◆ WHAT IS BEING ASKED
Could you set down exactly the lines of the data below, starting at the one that holds "(last_type files c seen)" and ending at the one that holds "-- A mime type", both included, and only those?

◆ RECORDS SHOWN
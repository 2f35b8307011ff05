-- ===== src/Api/Assets/Described.antt =====
-- The metadata that an upload leaves at the references of its files: ApiService.addAssets of
-- apps/api/src/api.service.ts.
use mathlib.Core.Bool.{false≢true}
use mathlib.Core.Path.{subst}
use mathlib.Core.List.{append_assoc}
use text.Mathlib.TextPositions.{eq_refl}
use text.Mathlib.TextLemmas.{append_cancel_left}
use content_publishing_servi.Common.{
  ℕ, String, none, some, List, [], ◌∷◌, ◌++◌, Bool, true, false, ◌==ₛ◌, Bool-cases, All, ◌≡◌, inl,
  inr, refl, sym, ◌∙◌, ==-false, eq_iff, Option, if◌then◌else◌,
}
use content_publishing_servi.Services.Redis.{Redis, string}
use content_publishing_servi.Services.Codec.{Codec}
use content_publishing_servi.Api.{AssetMetadata, File, get_asset_metadata_key}
use content_publishing_servi.Api.Assets.{
  results, UploadAnswers, UploadState, no_error, check_transaction_result, references,
  metadata_transaction, set_all, exec, add_metadata, add_assets, storage_expire_upper_limit_seconds,
}
use content_publishing_servi.Api.Assets.Uploads.{metadata_at}

metadata_key-==-false :
    (c d : String)
    → (c ==ₛ d) ≡ false
    → (get_asset_metadata_key c ==ₛ get_asset_metadata_key d) ≡ false
unfolding get_asset_metadata_key
metadata_key-==-false c d e =
    ==-false _ _
      (λ h. false≢true (sym e ∙ (eq_iff c d).1 (append_cancel_left "asset:metadata:" c d h)))

-- The commands that do not fail, one flag for each
abbrev pub all_succeed : List File → List Bool
all_succeed [] = []
all_succeed (f ∷ rest) = false ∷ all_succeed rest

no_error-all_succeed : (files : List File) → no_error (all_succeed files) ≡ true
unfolding no_error
no_error-all_succeed [] = refl
no_error-all_succeed (f ∷ rest) = no_error-all_succeed rest

module _ (calculate_ipfs_cid : String → String) (metadata_json : Codec AssetMetadata)
    (redis : Redis) where
  -- The mime type of the last of the files that have the reference, or the one seen before
  abbrev pub last_type : List File → String → Option String → Option String
  last_type [] c seen = seen
  last_type (f ∷ rest) c seen =
      last_type rest c (if calculate_ipfs_cid f.buffer ==ₛ c then some f.mime_type else seen)

  -- The reference, that mime type and the time are the metadata at the reference, if there is one.
  abbrev HasMetadata : redis.Db → ℕ → String → Option String → Type 0
  HasMetadata db now c none = Unit
  HasMetadata db now c (some mime_type) =
      metadata_at calculate_ipfs_cid metadata_json redis db c
      ≡ string
          (metadata_json.encode (record { ipfs_cid = c; mime_type = mime_type; created_on = now }))

  -- The metadata at the file's reference are those of the upload at the time `now`: the reference,
  -- the time, and the mime type of the last of the files that have this reference.
  abbrev pub IsDescribed : redis.Db → ℕ → List File → File → Type 0
  IsDescribed db now files f =
      let c = calculate_ipfs_cid f.buffer in
      (mime_type : String) × (last_type files c none ≡ some mime_type)
      × (metadata_at calculate_ipfs_cid metadata_json redis db c
          ≡ string (
              metadata_json.encode
                (record { ipfs_cid = c; mime_type = mime_type; created_on = now })))

  written : redis.Db → ℕ → File → redis.Db
  written db now f =
      redis.setex db (get_asset_metadata_key (calculate_ipfs_cid f.buffer))
        storage_expire_upper_limit_seconds
        (metadata_json.encode (record {
          ipfs_cid = calculate_ipfs_cid f.buffer;
          mime_type = f.mime_type;
          created_on = now;
        }))

  HasMetadata-other :
      (db : redis.Db) (now : ℕ) (f : File) (c : String) (seen : Option String)
      → (calculate_ipfs_cid f.buffer ==ₛ c) ≡ false
      → HasMetadata db now c seen
      → HasMetadata (written db now f) now c seen
  unfolding written
  HasMetadata-other db now f c none e h = tt
  HasMetadata-other db now f c (some mime_type) e h =
      rw (redis.view-setex, metadata_key-==-false (calculate_ipfs_cid f.buffer) c e) h

  HasMetadata-same :
      (db : redis.Db) (now : ℕ) (f : File) (c : String)
      → calculate_ipfs_cid f.buffer ≡ c
      → HasMetadata (written db now f) now c (some f.mime_type)
  unfolding written
  HasMetadata-same db now f c e =
      subst (λ d. HasMetadata (written db now f) now d (some f.mime_type)) e
        (rw (redis.view-setex, eq_refl (get_asset_metadata_key (calculate_ipfs_cid f.buffer))) refl)

  written-HasMetadata :
      (db : redis.Db) (now : ℕ) (f : File) (c : String) (seen : Option String)
      → HasMetadata db now c seen
      → HasMetadata
          (written db now f)
          now
          c
          (if calculate_ipfs_cid f.buffer ==ₛ c then some f.mime_type else seen)
  written-HasMetadata db now f c seen h = elim (Bool-cases (calculate_ipfs_cid f.buffer ==ₛ c)) [
    | inl e ↦ rw e (HasMetadata-same db now f c ((eq_iff (calculate_ipfs_cid f.buffer) c).0 e))
    | inr e ↦ rw e (HasMetadata-other db now f c seen e h)
  ]

  -- The commands for the metadata, where none of them fails, leave at each key the last one written.
  set_all-HasMetadata :
      (db : redis.Db) (now : ℕ) (files : List File) (c : String) (seen : Option String)
      → HasMetadata db now c seen
      → HasMetadata
          (set_all calculate_ipfs_cid metadata_json redis db
            (metadata_transaction calculate_ipfs_cid metadata_json now files)
            (all_succeed files))
          now
          c
          (last_type files c seen)
  unfolding set_all metadata_transaction written
  set_all-HasMetadata db now [] c seen h = h
  set_all-HasMetadata db now (f ∷ rest) c seen h =
      set_all-HasMetadata (written db now f) now rest c _ (written-HasMetadata db now f c seen h)

  -- A mime type that was seen, or that a file of the reference has, leaves one at the end.
  last_type-some :
      (files : List File) (c : String) (seen : String)
      → (mime_type : String) × (last_type files c (some seen) ≡ some mime_type)
  last_type-some [] c seen = (seen, refl)
  last_type-some (f ∷ rest) c seen = elim (Bool-cases (calculate_ipfs_cid f.buffer ==ₛ c)) [
    | inl e ↦ rw e (last_type-some rest c f.mime_type)
    | inr e ↦ rw e (last_type-some rest c seen)
  ]

  last_type-of_file :
      (before rest : List File) (f : File) (seen : Option String)
      → (mime_type : String) × (last_type (before ++ f ∷ rest) (calculate_ipfs_cid f.buffer) seen
          ≡ some mime_type)
  last_type-of_file [] rest f seen =
      rw (eq_refl (calculate_ipfs_cid f.buffer), last_type)
        (last_type-some rest (calculate_ipfs_cid f.buffer) f.mime_type)
  last_type-of_file (g ∷ before) rest f seen = last_type-of_file before rest f _

  HasMetadata-IsDescribed :
      (db : redis.Db) (now : ℕ) (files : List File) (f : File)
      → ((c : String) → HasMetadata db now c (last_type files c none))
      → (mime_type : String) × (last_type files (calculate_ipfs_cid f.buffer) none ≡ some mime_type)
      → IsDescribed db now files f
  HasMetadata-IsDescribed db now files f h (mime_type, e) = (
    mime_type,
    e,
    subst (HasMetadata db now (calculate_ipfs_cid f.buffer)) e (h (calculate_ipfs_cid f.buffer)),
  )

  all-IsDescribed :
      (db : redis.Db) (now : ℕ) (before files : List File)
      → ((c : String) → HasMetadata db now c (last_type (before ++ files) c none))
      → All (IsDescribed db now (before ++ files)) files
  all-IsDescribed db now before [] h = tt
  all-IsDescribed db now before (f ∷ rest) h = (
    HasMetadata-IsDescribed db now (before ++ f ∷ rest) f h (last_type-of_file before rest f none),
    subst (λ fs. All (IsDescribed db now fs) rest) (append_assoc before (f ∷ []) rest)
        (all-IsDescribed db now (before ++ f ∷ []) rest (
          subst (λ fs. (c : String) → HasMetadata db now c (last_type fs c none))
            (sym (append_assoc before (f ∷ []) rest)) h)),
  )

  -- Where the data are stored without an error, the queue takes the jobs and no command for the
  -- metadata fails, an upload answers the references of its files, and at the reference of each file
  -- are its metadata: the reference, the time of the upload, and the file's mime type, or that of the
  -- last one where several files have one reference.
  pub add_assets-IsDescribed :
      (answers : UploadAnswers) (st : UploadState calculate_ipfs_cid metadata_json redis)
      (files : List File)
      → check_transaction_result answers.data_exec ≡ true
      → answers.adds ≡ true
      → answers.metadata_exec ≡ results (all_succeed files)
      → let (st', outcome) = add_assets calculate_ipfs_cid metadata_json redis answers st files in
        (outcome ≡ some (references calculate_ipfs_cid files))
        × All (IsDescribed st'.db answers.now files) files
  unfolding add_assets add_metadata exec check_transaction_result
  add_assets-IsDescribed answers st files d a m =
      simp (d, a, m, no_error-all_succeed files)
        (
          refl,
          all-IsDescribed _ answers.now [] files
              (λ c. set_all-HasMetadata _ answers.now files c none tt),
        )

◆ RESPONSE TO THIS TASK
          (last_type files c seen)
  unfolding set_all metadata_transaction written
  set_all-HasMetadata db now [] c seen h = h
  set_all-HasMetadata db now (f ∷ rest) c seen h =
      set_all-HasMetadata (written db now f) now rest c _ (written-HasMetadata db now f c seen h)

  -- A mime type that was seen, or that a file of the reference has, leaves one at the end.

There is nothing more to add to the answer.